Иона не скрывал радости: круто берет сынок! Теперь он мог оставлять его и своим заместителем. Уходя в соседние деревни для подыскания новых заказов, он смело полагался на своего Фимку — этот никому не даст сидеть сложа руки. Немножко Серафимчик, правда, побаивался Григория, который все хмурился и по-прежнему молчал.
Вовсю Серафимчик курил, не дурак был и выпить. Не отказывался ни от водки, ни от самогона, если хозяева подносили. А еще — не давал прохода молодухам.

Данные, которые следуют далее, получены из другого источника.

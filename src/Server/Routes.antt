-- ===== src/Server/Routes.antt =====
-- setupRoutes of internal/api/server.go: the table of routes and the middlewares in front of each.
-- What chi makes of a path is chi's: a request is known by the route that it matches.
use Prim.Native.String.{String}
use agentic_paasd.Prelude.{Bool, true, ◌&&◌, List, [], ◌∷◌, ◌++◌, Text, codes, if◌then◌else◌}

pub data Middleware : Type 0 where
  request_id logger recoverer timeout max_body throttle strip_forwarded https : Middleware
  auth tenant_rate global_rate idempotency : Middleware

pub data Method : Type 0 where
  http_get http_post http_patch http_delete : Method

-- The handlers that have a route.
pub data Endpoint : Type 0 where
  health tenant_register health_detailed tenant_get tenant_update tenant_delete : Endpoint
  key_create key_list key_revoke : Endpoint
  service_create service_list service_get service_delete service_start service_stop : Endpoint
  service_restart service_reset service_env_get service_env_set service_env_delete : Endpoint
  build_create build_list build_get build_cancel build_logs : Endpoint
  database_list database_get database_connection_string database_delete database_create : Endpoint

pub record Route : Type 0 where
  pub method : Method
  pub pattern : Text
  pub endpoint : Endpoint
  pub chain : List Middleware

-- r.Use on the root router.
unfoldable pub outer : Bool → List Middleware
outer dev_mode =
    request_id
    ∷ logger
    ∷ recoverer
    ∷ timeout
    ∷ max_body
    ∷ throttle
    ∷ strip_forwarded
    ∷ (if dev_mode then [] else https ∷ [])

abbrev pub guarded : List Middleware
guarded = auth ∷ tenant_rate ∷ global_rate ∷ idempotency ∷ []

abbrev route : List Middleware → Method → String → Endpoint → Route
route chain method pattern endpoint = record {
  method = method;
  pattern = codes pattern;
  endpoint = endpoint;
  chain = chain;
}

abbrev pub public_routes : List Route
public_routes =
    route [] http_get "/v1/system/health" health
    ∷ route [] http_post "/v1/tenants/register" tenant_register
    ∷ []

abbrev pub guarded_routes : List Route
guarded_routes =
    route guarded http_get "/v1/system/health/detailed" health_detailed
    ∷ route guarded http_get "/v1/tenant" tenant_get
    ∷ route guarded http_patch "/v1/tenant" tenant_update
    ∷ route guarded http_delete "/v1/tenant" tenant_delete
    ∷ route guarded http_post "/v1/auth/keys" key_create
    ∷ route guarded http_get "/v1/auth/keys" key_list
    ∷ route guarded http_delete "/v1/auth/keys/{keyID}" key_revoke
    ∷ route guarded http_post "/v1/services" service_create
    ∷ route guarded http_get "/v1/services" service_list
    ∷ route guarded http_get "/v1/services/{serviceID}" service_get
    ∷ route guarded http_delete "/v1/services/{serviceID}" service_delete
    ∷ route guarded http_post "/v1/services/{serviceID}/start" service_start
    ∷ route guarded http_post "/v1/services/{serviceID}/stop" service_stop
    ∷ route guarded http_post "/v1/services/{serviceID}/restart" service_restart
    ∷ route guarded http_post "/v1/services/{serviceID}/reset" service_reset
    ∷ route guarded http_get "/v1/services/{serviceID}/env" service_env_get
    ∷ route guarded http_post "/v1/services/{serviceID}/env" service_env_set
    ∷ route guarded http_delete "/v1/services/{serviceID}/env/{key}" service_env_delete
    ∷ route guarded http_post "/v1/services/{serviceID}/builds" build_create
    ∷ route guarded http_get "/v1/services/{serviceID}/builds" build_list
    ∷ route guarded http_get "/v1/services/{serviceID}/builds/{buildID}" build_get
    ∷ route guarded http_delete "/v1/services/{serviceID}/builds/{buildID}" build_cancel
    ∷ route guarded http_get "/v1/databases" database_list
    ∷ route guarded http_get "/v1/databases/{dbID}" database_get
    ∷ route guarded http_get "/v1/databases/{dbID}/connection-string" database_connection_string
    ∷ route guarded http_delete "/v1/databases/{dbID}" database_delete
    ∷ []

abbrev pub long_routes : List Route
long_routes =
    route (auth ∷ []) http_get "/v1/services/{serviceID}/builds/{buildID}/logs" build_logs
    ∷ route (auth ∷ []) http_post "/v1/databases" database_create
    ∷ []

unfoldable pub routes : List Route
routes = public_routes ++ (guarded_routes ++ long_routes)

-- A request goes through the middlewares in order; one that answers itself ends the way.
unfoldable pub goes_through : (Middleware → Bool) → List Middleware → Bool
goes_through passes [] = true
goes_through passes (m ∷ ms) = passes m && goes_through passes ms

-- Whether a request that matches the route reaches its handler, by what each middleware does.
unfoldable pub reaches : Bool → (Middleware → Bool) → Route → Bool
reaches dev_mode passes r = goes_through passes (outer dev_mode ++ r.chain)
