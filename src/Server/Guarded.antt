-- ===== src/Server/Guarded.antt =====
-- Which handlers of internal/api/server.go a request can reach.
use agentic_paasd.Prelude.{
  ◌≡◌, refl, Bool, true, false, ◌&&◌, List, [], ◌∷◌, ◌++◌, All, All-imp, arith,
}
use agentic_paasd.Server.Routes.{
  Middleware, Endpoint, Route, outer, guarded, routes, goes_through, reaches,
}

-- What the handler of an endpoint relies on.
abbrev pub needs : (Middleware → Bool) → Endpoint → Bool
needs passes Endpoint.health = true
needs passes Endpoint.tenant_register = true
needs passes Endpoint.database_create = passes Middleware.auth
needs passes Endpoint.build_logs = passes Middleware.auth
needs passes _ =
    passes Middleware.auth
    && (passes Middleware.tenant_rate
        && (passes Middleware.global_rate && passes Middleware.idempotency))

goes_through-append :
    (passes : Middleware → Bool) (ms ns : List Middleware)
    → goes_through passes (ms ++ ns) ≡ (goes_through passes ms && goes_through passes ns)
unfolding goes_through
goes_through-append passes [] ns = refl
goes_through-append passes (m ∷ ms) ns = ground (arith, goes_through-append passes ms ns)

abbrev pub ReachedAs : Bool → (Middleware → Bool) → Route → Type 0
ReachedAs dev_mode passes r =
    reaches dev_mode passes r ≡ (goes_through passes (outer dev_mode) && needs passes r.endpoint)

reached :
    (dev_mode : Bool) (passes : Middleware → Bool) (r : Route)
    → goes_through passes r.chain ≡ needs passes r.endpoint
    → ReachedAs dev_mode passes r
unfolding reaches
reached dev_mode passes r h = rw (goes_through-append passes (outer dev_mode) r.chain, h) refl

and_true : (b : Bool) → (b && true) ≡ b
and_true true = refl
and_true false = refl

none_lem : (passes : Middleware → Bool) → goes_through passes [] ≡ true
unfolding goes_through
none_lem passes = refl

guarded_lem :
    (passes : Middleware → Bool)
    → goes_through passes guarded ≡ (
        passes Middleware.auth
        && (passes Middleware.tenant_rate
            && (passes Middleware.global_rate && passes Middleware.idempotency)))
unfolding goes_through
guarded_lem passes = rw (and_true (passes Middleware.idempotency)) refl

auth_lem :
    (passes : Middleware → Bool)
    → goes_through passes (Middleware.auth ∷ []) ≡ passes Middleware.auth
unfolding goes_through
auth_lem passes = and_true (passes Middleware.auth)

-- The table, against what each endpoint needs.
chains :
    (passes : Middleware → Bool)
    → All (λ (r : Route). goes_through passes r.chain ≡ needs passes r.endpoint) routes
unfolding routes
chains passes =
    let open_lem : goes_through passes [] ≡ true = none_lem passes in
    search (open_lem, guarded_lem passes, auth_lem passes, tt)

-- By the middlewares' verdicts on a request, a route's handler is reached exactly if the outer ones
-- let the request through and, for every handler but health and registration, so does the
-- authentication, and, but for the creation of a database and the logs of a build, so do both rate
-- limits and the idempotency store.
pub routes_are_guarded :
    (dev_mode : Bool) (passes : Middleware → Bool) → All (ReachedAs dev_mode passes) routes
routes_are_guarded dev_mode passes = All-imp routes (reached dev_mode passes) (chains passes)
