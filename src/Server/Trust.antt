-- ===== src/Server/Trust.antt =====
-- A client that is not the local proxy cannot choose the address it is known by.
use agentic_paasd.Prelude.{◌≡◌, refl, Bool, true, false, none, some, if◌then◌else◌}
use agentic_paasd.Server.{
  Net, Headers, Incoming, is_loopback, strip_untrusted, passes_https, normalize_ip, trusted_real_ip,
  admitted_ip,
}

-- Of a request that does not come from a loopback address no header counts: it is let through
-- only over TLS (or in development), and the client's address is the one of its connection. Two
-- such requests that differ in their headers only are treated alike.
pub forged_headers_change_nothing :
    (net : Net) (dev_mode : Bool) (r : Incoming) (forged : Headers)
    → is_loopback net r.remote_addr ≡ false
    → (admitted_ip net dev_mode r ≡ (
        if dev_mode
        then some (normalize_ip net r.remote_addr)
        else if r.has_tls
        then some (normalize_ip net r.remote_addr)
        else none))
      × (admitted_ip net dev_mode (record r { headers = forged }) ≡ admitted_ip net dev_mode r)
unfolding admitted_ip strip_untrusted passes_https trusted_real_ip
forged_headers_change_nothing net true r forged h = rw (h, h) (refl, refl)
forged_headers_change_nothing net false r forged h = rw (h, h) (refl, refl)
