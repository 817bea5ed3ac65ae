-- ===== src/Server/Tests.antt =====
-- A request from outside that claims to come from the local proxy.
use agentic_paasd.Prelude.{
  ◌≡◌, refl, Bool, true, false, All, none, some, [], codes, same, if◌then◌else◌,
}
use agentic_paasd.Server.{Net, Headers, Incoming, is_loopback, normalize_ip, admitted_ip}
use agentic_paasd.Server.Routes.{Middleware, routes}
use agentic_paasd.Server.Guarded.{ReachedAs, routes_are_guarded}
use agentic_paasd.Server.Trust.{forged_headers_change_nothing}

abbrev sample_net : Net
sample_net = record {
  split_host = λ _. none;
  parse_ip = λ s. some s;
  is_loopback_ip = λ ip. same ip (codes "127.0.0.1");
}

abbrev forged_headers : Headers
forged_headers = record {
  forwarded_for = codes "10.0.0.1";
  forwarded_proto = codes "https";
  real_ip = codes "10.0.0.1";
}

abbrev outside_request : Incoming
outside_request = record {
  remote_addr = codes "1.2.3.4";
  has_tls = false;
  headers = record { forwarded_for = []; forwarded_proto = []; real_ip = [] };
}

forged_headers_change_nothing_example :
    (admitted_ip sample_net false outside_request ≡ (
      if false
      then some (normalize_ip sample_net (codes "1.2.3.4"))
      else if false
      then some (normalize_ip sample_net (codes "1.2.3.4"))
      else none))
    × (admitted_ip sample_net false (record outside_request { headers = forged_headers })
        ≡ admitted_ip sample_net false outside_request)
unfolding is_loopback same
forged_headers_change_nothing_example =
    forged_headers_change_nothing sample_net false outside_request forged_headers refl

-- A request without a key.
abbrev keyless : Middleware → Bool
keyless Middleware.auth = false
keyless _ = true

routes_are_guarded_example : All (ReachedAs false keyless) routes
routes_are_guarded_example = routes_are_guarded false keyless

Не все сходило ему с рук. Как-то нас позвали к одному коновалу шить наряды для его дочери-славены. Как только Иона раскроил материал и куда-то ушел, Серафимчик шмыгнул в соседнюю комнатку к девушке. Вскоре оттуда послышался звонкий шлепок. Пулей вылетел наш сивач из комнаты, зажимая левой рукой щеку, пытаясь скрыть следы пощечины.
Через некоторое время Серафимчика поманил на кухню коновал, и мы услышали, как хозяин стал «просвещать» его, говоря, что у дочки жених наготове, что она занятая. Потом донесся звон стопок.
— Эх, молодость-молодость, — продолжал хозяин под этот звон. — Прыть-то есть, а соображения ни на грош. Посодействовать?..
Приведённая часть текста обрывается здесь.